Task requirements –
Please copy, exactly as they appear below, the lines from the one containing "other_name q (p" through the one containing "let other = other_name".

Data items:
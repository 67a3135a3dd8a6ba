-- ===== src/Profiles/Coherent.antt =====
-- What the cache of the profiles knows, and that uploads keep it right.
use thunderstore.Prelude.{
  ℕ, zero, suc, ◌+◌, ◌<◌, ◌≡◌, refl, sym, ◌∙◌, subst, ◌⊎◌, inl, inr, true, false, ◌&&◌, Option,
  none, some, List, [], ◌∷◌, ◌++◌, arith, ◌==ℕ◌, if◌then◌else◌, ==ℕ_refl, Bool-cases, Option-cases,
  length, first, All, All-append, All-weaken, Text, text_eq, text_eq_refl, text_eq_iff,
}
use thunderstore.Profiles.{
  LegacyProfile, ProfileStore, ProfileSettings, total_size, cached_id, cached_name,
  get_total_used_disk_space, remember, create_profile,
}

-- The key of the first row with a checksum, and the name of the file of the first row with a key
abbrev pub found_id : Text → List LegacyProfile → Option ℕ
found_id checksum [] = none
found_id checksum (p ∷ ps) =
    if text_eq p.file_sha256 checksum then some p.id else found_id checksum ps

abbrev pub found_name : ℕ → List LegacyProfile → Option Text
found_name key [] = none
found_name key (p ∷ ps) = if p.id ==ℕ key then some p.file_name else found_name key ps

abbrev pub DistinctIds : List LegacyProfile → Type 0
DistinctIds [] = Unit
DistinctIds (p ∷ ps) = All (λ (q : LegacyProfile). (p.id ==ℕ q.id) ≡ false) ps × DistinctIds ps

-- The cached size is that of the rows.
abbrev pub IsSized : Option ℕ → List LegacyProfile → Type 0
IsSized none ps = Unit
IsSized (some n) ps = n ≡ total_size ps

-- Different contents have different checksums.
abbrev pub IsCollisionFree : ProfileSettings → Type 0
IsCollisionFree settings = (a b : Text) → settings.sha256 a ≡ settings.sha256 b → a ≡ b

module _ (settings : ProfileSettings) where
  open settings use {sha256}

  -- A row whose key is in use, made from a content.
  pub record IsRow (fresh : ℕ) (p : LegacyProfile) : Type 0 where
    pub used : p.id < fresh
    pub content : Text
    pub checksum : p.file_sha256 ≡ sha256 content
    pub size : p.file_size ≡ length content

  -- The cache agrees with the rows, whatever it still has.
  pub record IsCoherent (s : ProfileStore) : Type 0 where
    pub rows : All (IsRow s.fresh) s.profiles
    pub distinct : DistinctIds s.profiles
    pub sized : IsSized s.size_cache s.profiles
    pub ids : All (λ (e : Text × ℕ). found_id e.0 s.profiles ≡ some e.1) s.id_cache
    pub names : All (λ (e : ℕ × Text). found_name e.0 s.profiles ≡ some e.1) s.file_cache

  pub cached_id-found :
      (ps : List LegacyProfile) (checksum : Text) (id : ℕ) (entries : List (Text × ℕ))
      → All (λ (e : Text × ℕ). found_id e.0 ps ≡ some e.1) entries
      → cached_id checksum entries ≡ some id
      → found_id checksum ps ≡ some id
  cached_id-found ps checksum id [] h e = cc
  cached_id-found ps checksum id ((c, i) ∷ entries) (k, h) e =
      elim (Bool-cases (text_eq c checksum)) [
        | inl t ↦
            let same_text = (text_eq_iff c checksum).0 t in
            subst (λ x. found_id x ps ≡ some id) same_text (k ∙ (rw t at e))
        | inr t ↦ cached_id-found ps checksum id entries h (rw t at e)
      ]

  pub cached_name-found :
      (ps : List LegacyProfile) (key : ℕ) (name : Text) (entries : List (ℕ × Text))
      → All (λ (e : ℕ × Text). found_name e.0 ps ≡ some e.1) entries
      → cached_name key entries ≡ some name
      → found_name key ps ≡ some name
  cached_name-found ps key name [] h e = cc
  cached_name-found ps key name ((i, n) ∷ entries) (k, h) e =
      ground (arith, cached_name-found ps key name entries h)

  pub total_size-append :
      (ps : List LegacyProfile) (p : LegacyProfile)
      → total_size (ps ++ p ∷ []) ≡ total_size ps + p.file_size
  unfolding total_size
  total_size-append [] p = omega arith
  total_size-append (q ∷ ps) p = omega (arith, total_size-append ps p)

  found_id-append :
      (ps : List LegacyProfile) (p : LegacyProfile) (checksum : Text) (id : ℕ)
      → found_id checksum ps ≡ some id
      → found_id checksum (ps ++ p ∷ []) ≡ some id
  found_id-append [] p checksum id h = cc
  found_id-append (q ∷ ps) p checksum id h = ground (arith, found_id-append ps p checksum id)

  found_name-append :
      (ps : List LegacyProfile) (p : LegacyProfile) (key : ℕ) (name : Text)
      → found_name key ps ≡ some name
      → found_name key (ps ++ p ∷ []) ≡ some name
  found_name-append [] p key name h = cc
  found_name-append (q ∷ ps) p key name h = ground (arith, found_name-append ps p key name)

  found_id-new :
      (ps : List LegacyProfile) (p : LegacyProfile) (checksum : Text)
      → found_id checksum ps ≡ none
      → p.file_sha256 ≡ checksum
      → found_id checksum (ps ++ p ∷ []) ≡ some p.id
  found_id-new [] p checksum h e = rw (e, text_eq_refl checksum) refl
  found_id-new (q ∷ ps) p checksum h e = ground (arith, found_id-new ps p checksum)

  found_name-new :
      (ps : List LegacyProfile) (p : LegacyProfile)
      → All (IsRow p.id) ps
      → found_name p.id (ps ++ p ∷ []) ≡ some p.file_name
  found_name-new [] p h = rw ==ℕ_refl refl
  found_name-new (q ∷ ps) p (r, h) = let below = r.used in ground (arith, found_name-new ps p h)

  DistinctIds-append :
      (ps : List LegacyProfile) (p : LegacyProfile)
      → DistinctIds ps
      → All (IsRow p.id) ps
      → DistinctIds (ps ++ p ∷ [])
  DistinctIds-append [] p d h = (tt, tt)
  DistinctIds-append (q ∷ ps) p (n, d) (r, h) =
      let below = r.used in
      let differ : (q.id ==ℕ p.id) ≡ false = ground arith in
      (
        All-append (λ (x : LegacyProfile). (q.id ==ℕ x.id) ≡ false) ps (p ∷ []) n (differ, tt),
        DistinctIds-append ps p d h,
      )

  other_name :
      (q : LegacyProfile) (ps : List LegacyProfile) (key : ℕ) (name : Text)
      → All (λ (p : LegacyProfile). (q.id ==ℕ p.id) ≡ false) ps
      → found_name key ps ≡ some name
      → (q.id ==ℕ key) ≡ false
  other_name q [] key name n h = cc
  other_name q (p ∷ ps) key name (e, n) h = ground (arith, other_name q ps key name n)

  -- The query for a size and a checksum finds the row that the checksum alone finds, and no other row
  -- has its key.
  pub first-found :
      (ps : List LegacyProfile) (fresh : ℕ) (content : Text)
      → IsCollisionFree settings
      → All (IsRow fresh) ps
      → DistinctIds ps
      → ((first
              (λ (p : LegacyProfile).
                (p.file_size ==ℕ length content) && text_eq p.file_sha256 (sha256 content))
              ps
            ≡ none)
          × (found_id (sha256 content) ps ≡ none))
        ⊎ ((p : LegacyProfile) × (first
                (λ (p : LegacyProfile).
                  (p.file_size ==ℕ length content) && text_eq p.file_sha256 (sha256 content))
                ps
              ≡ some p)
            × (found_id (sha256 content) ps ≡ some p.id)
            × (found_name p.id ps ≡ some p.file_name))
  first-found [] fresh content free h d = inl (refl, refl)
  first-found (q ∷ ps) fresh content free (r, h) (n, d) =
      elim (Bool-cases (text_eq q.file_sha256 (sha256 content))) [
        | inl t ↦
            let key = (text_eq_iff q.file_sha256 (sha256 content)).0 t in
            let one = free r.content content (sym r.checksum ∙ key) in
            let sized : (q.file_size ==ℕ length content) ≡ true =
              rw (r.size, one) (==ℕ_refl (length content)) in
            inr (q, rw (sized, t) refl, rw t refl, rw ==ℕ_refl refl)
        | inr t ↦ elim (first-found ps fresh content free h d) [
          | inl (e, f) ↦ inl (ground arith, ground arith)
          | inr (p, e, f, g) ↦
              let other = other_name q ps p.id p.file_name n g in
              inr (p, ground arith, ground arith, ground arith)
        ]
      ]

  -- The space that is used is answered rightly, and a size that is cached then is right.
  pub get_total-cases :
      (s : ProfileStore)
      → IsCoherent s
      → (o : Option ℕ) × (get_total_used_disk_space s
          ≡ (total_size s.profiles, record s { size_cache = o }))
        × IsSized o s.profiles
  unfolding get_total_used_disk_space
  get_total-cases s c = elim (Option-cases s.size_cache) [
    | inl e ↦ (some (total_size s.profiles), rw e refl, refl)
    | inr (zero, e) ↦ (some (total_size s.profiles), rw e refl, refl)
    | inr (suc n, e) ↦
        let right : suc n ≡ total_size s.profiles = subst (λ o. IsSized o s.profiles) e c.sized in
        (some (suc n), ground arith, right)
  ]

  -- A cache whose size is right or unknown stays right.
  pub resized-Coherent :
      (s : ProfileStore) (o : Option ℕ)
      → IsCoherent s
      → IsSized o s.profiles
      → IsCoherent (record s { size_cache = o })
  resized-Coherent s o c h = record {
    rows = c.rows;
    distinct = c.distinct;
    sized = h;
    ids = c.ids;
    names = c.names;
  }

  pub remember-Coherent :
      (s : ProfileStore) (p : LegacyProfile) (checksum : Text)
      → IsCoherent s
      → found_id checksum s.profiles ≡ some p.id
      → found_name p.id s.profiles ≡ some p.file_name
      → IsCoherent (remember settings p checksum s)
  unfolding remember
  remember-Coherent s p checksum c f g = record {
    rows = c.rows;
    distinct = c.distinct;
    sized = c.sized;
    ids = (f, c.ids);
    names = (g, c.names);
  }

  IsRow-weaken :
      (fresh : ℕ) (ps : List LegacyProfile) → All (IsRow fresh) ps → All (IsRow (suc fresh)) ps
  IsRow-weaken fresh ps h =
      All-weaken ps
        (λ p r. record {
          used = omega (arith, r.used);
          content = r.content;
          checksum = r.checksum;
          size = r.size;
        })
        h

  IsSized-append :
      (o : Option ℕ) (ps : List LegacyProfile) (p : LegacyProfile)
      → IsSized o ps
      → IsSized (elim o [ none ↦ none | some n ↦ some (n + p.file_size) ]) (ps ++ p ∷ [])
  IsSized-append none ps p h = tt
  IsSized-append (some n) ps p h = omega (arith, total_size-append ps p)

  -- A new profile is found by its checksum and by its key, and the cache stays right.
  pub create_profile-Coherent :
      (s : ProfileStore) (content : Text)
      → IsCoherent s
      → found_id (sha256 content) s.profiles ≡ none
      → IsCoherent (
          remember settings
            (create_profile settings content (sha256 content) s).0
            (sha256 content)
            (create_profile settings content (sha256 content) s).1)
  unfolding create_profile
  create_profile-Coherent s content c h =
      let p = (create_profile settings content (sha256 content) s).0 in
      let s' = (create_profile settings content (sha256 content) s).1 in
      remember-Coherent s' p (sha256 content)
        (record {
          rows =
              All-append (IsRow (suc s.fresh)) s.profiles (p ∷ [])
                (IsRow-weaken s.fresh s.profiles c.rows)
                (
                  record { used = omega arith; content = content; checksum = refl; size = refl },
                  tt,
                );
          distinct = DistinctIds-append s.profiles p c.distinct c.rows;
          sized = IsSized-append s.size_cache s.profiles p c.sized;
          ids = All-weaken s.id_cache (λ e k. found_id-append s.profiles p e.0 e.1 k) c.ids;
          names = All-weaken s.file_cache (λ e k. found_name-append s.profiles p e.0 e.1 k) c.names;
        })
        (found_id-new s.profiles p (sha256 content) h refl) (found_name-new s.profiles p c.rows)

Response for this exercise –
  other_name q (p ∷ ps) key name (e, n) h = ground (arith, other_name q ps key name n)

  -- The query for a size and a checksum finds the row that the checksum alone finds, and no other row
  -- has its key.
  pub first-found :
      (ps : List LegacyProfile) (fresh : ℕ) (content : Text)
      → IsCollisionFree settings
      → All (IsRow fresh) ps
      → DistinctIds ps
      → ((first
              (λ (p : LegacyProfile).
                (p.file_size ==ℕ length content) && text_eq p.file_sha256 (sha256 content))
              ps
            ≡ none)
          × (found_id (sha256 content) ps ≡ none))
        ⊎ ((p : LegacyProfile) × (first
                (λ (p : LegacyProfile).
                  (p.file_size ==ℕ length content) && text_eq p.file_sha256 (sha256 content))
                ps
              ≡ some p)
            × (found_id (sha256 content) ps ≡ some p.id)
            × (found_name p.id ps ≡ some p.file_name))
  first-found [] fresh content free h d = inl (refl, refl)
  first-found (q ∷ ps) fresh content free (r, h) (n, d) =
      elim (Bool-cases (text_eq q.file_sha256 (sha256 content))) [
        | inl t ↦
            let key = (text_eq_iff q.file_sha256 (sha256 content)).0 t in
            let one = free r.content content (sym r.checksum ∙ key) in
            let sized : (q.file_size ==ℕ length content) ≡ true =
              rw (r.size, one) (==ℕ_refl (length content)) in
            inr (q, rw (sized, t) refl, rw t refl, rw ==ℕ_refl refl)
        | inr t ↦ elim (first-found ps fresh content free h d) [
          | inl (e, f) ↦ inl (ground arith, ground arith)
          | inr (p, e, f, g) ↦
              let other = other_name q ps p.id p.file_name n g in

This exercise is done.